How could one build BioSink? Unfortunately, it falls in somewhat of an academic no mans land - it's not a project for a traditional academic lab. And since it's biotech-specific, it probably doesn't have the market potential to motivate a major cloud player.

However, I think there's a case for a development-centric startup. If you could gain widespread adoption, revenue models would emerge. Some (incomplete) examples:

  • Remember that packages contain data too. You could allow people to pay to host private packages, eg. for a pharma with proprietary data. This will undoubtedly be cheaper than setting up a full private repository.

  • Note the run-remote-command above. A company could set up a remote environment that runs commands for researchers that don't have the appropriate infrastructure on demand.

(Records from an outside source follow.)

-- ===== src/Memory/Heap.antt =====
-- `kmalloc` and `kfree` of AetherWebOS/src/kernel/memory.c. The list of headers that starts at
-- `free_list` is a list of blocks, newest first; a block's header stands at `addr`, in front of its
-- data. What the program stores in the data is no part of this state.
pub mod Invariant
pub mod Live
pub mod Release
pub mod Calls
use aether_webos.Prelude.{
  ℕ, ◌+◌, ◌-◌, ◌*◌, ◌^◌, List, [], ◌∷◌, Bool, true, false, ◌&&◌, ◌||◌, Option, none, some, ◌==◌,
  ltb, leb, if◌then◌else◌, bit_and, u64,
}

-- `mem_header_t`, without the pointer that the list stands for.
pub record Block : Type 0 where
  pub addr : ℕ
  pub size : ℕ
  pub is_free : Bool

-- `heap_ptr` and `free_list`, and the addresses at which `kfree` took a header to be where no block
-- has one: its store there changed memory that is not described here.
pub record Heap : Type 0 where
  pub ptr : ℕ
  pub blocks : List Block
  pub strays : List ℕ

abbrev pub heap_start : ℕ
heap_start = 0x41000000

abbrev pub heap_size : ℕ
heap_size = 16 * 1024 * 1024

-- `sizeof(mem_header_t)`: a `size_t`, an `int` with padding, and a pointer.
abbrev pub header_size : ℕ
header_size = 24

unfoldable pub initial : Heap
initial = record { ptr = heap_start; blocks = []; strays = [] }

-- `(size + 7) & ~7` on a `size_t`.
unfoldable pub align8 : ℕ → ℕ
align8 size = bit_and (u64 (size + 7)) (2 ^ 64 - 8)

-- The walk over the list: the first free block that is large enough is taken.
unfoldable pub reuse : ℕ → List Block → Option (ℕ × List Block)
reuse size [] = none
reuse size (b ∷ bs) =
    let rest : Option (ℕ × List Block) = elim (reuse size bs) [
      | none ↦ none
      | some (p, bs') ↦ some (p, b ∷ bs')
    ] in
    if b.is_free && leb size b.size
    then some (b.addr + header_size, record b { is_free = false } ∷ bs)
    else rest

-- A new block at `heap_ptr`, if the heap has room; `none` is NULL.
unfoldable pub bump : ℕ → Heap → Heap × Option ℕ
bump size h =
    let total_size = u64 (header_size + size) in
    if ltb (heap_start + heap_size) (u64 (h.ptr + total_size)) then (h, none) else (
      record {
        ptr = u64 (h.ptr + total_size);
        blocks = record { addr = h.ptr; size = size; is_free = false } ∷ h.blocks;
        strays = h.strays;
      },
      some (h.ptr + header_size),
    )

unfoldable pub kmalloc : ℕ → Heap → Heap × Option ℕ
kmalloc request h =
    let size = align8 request in
    elim (reuse size h.blocks) [
      | some (p, bs) ↦ (record h { blocks = bs }, some p)
      | none ↦ bump size h
    ]

-- `header->is_free = 1` at the header in front of `ptr`, for each block that it may be.
unfoldable pub mark_free : ℕ → List Block → List Block
mark_free p [] = []
mark_free p (b ∷ bs) =
    (if b.addr + header_size == p then record b { is_free = true } else b) ∷ mark_free p bs

-- Whether the pointer is that of a block's data.
unfoldable pub heads : ℕ → List Block → Bool
heads p [] = false
heads p (b ∷ bs) = (b.addr + header_size == p) || heads p bs

-- `none` is NULL. There is no test of the pointer: the store is made in front of any address.
unfoldable pub kfree : Option ℕ → Heap → Heap
kfree none h = h
kfree (some p) h = record h {
  blocks = mark_free p h.blocks;
  strays = if heads p h.blocks then h.strays else u64 (p + (2 ^ 64 - header_size)) ∷ h.strays;
}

  • Less likely, but a company would be in good position if demand emerges for a marketplace for bioinformatics tools.

I'll be thinking about this in the next couple weeks - get in touch if you're interested.


[1] I suppose that a package manager would be better described as the toolbox itself.

[2] To be clear, this wouldn't be the actual name. I was actually going to call it BroBio until I Googled - the term has something to do with The Real World last week.

[3] I'm actually preparing another post about future trends in biotech data.

[4] Avoiding the phrase "app store", but you get the idea.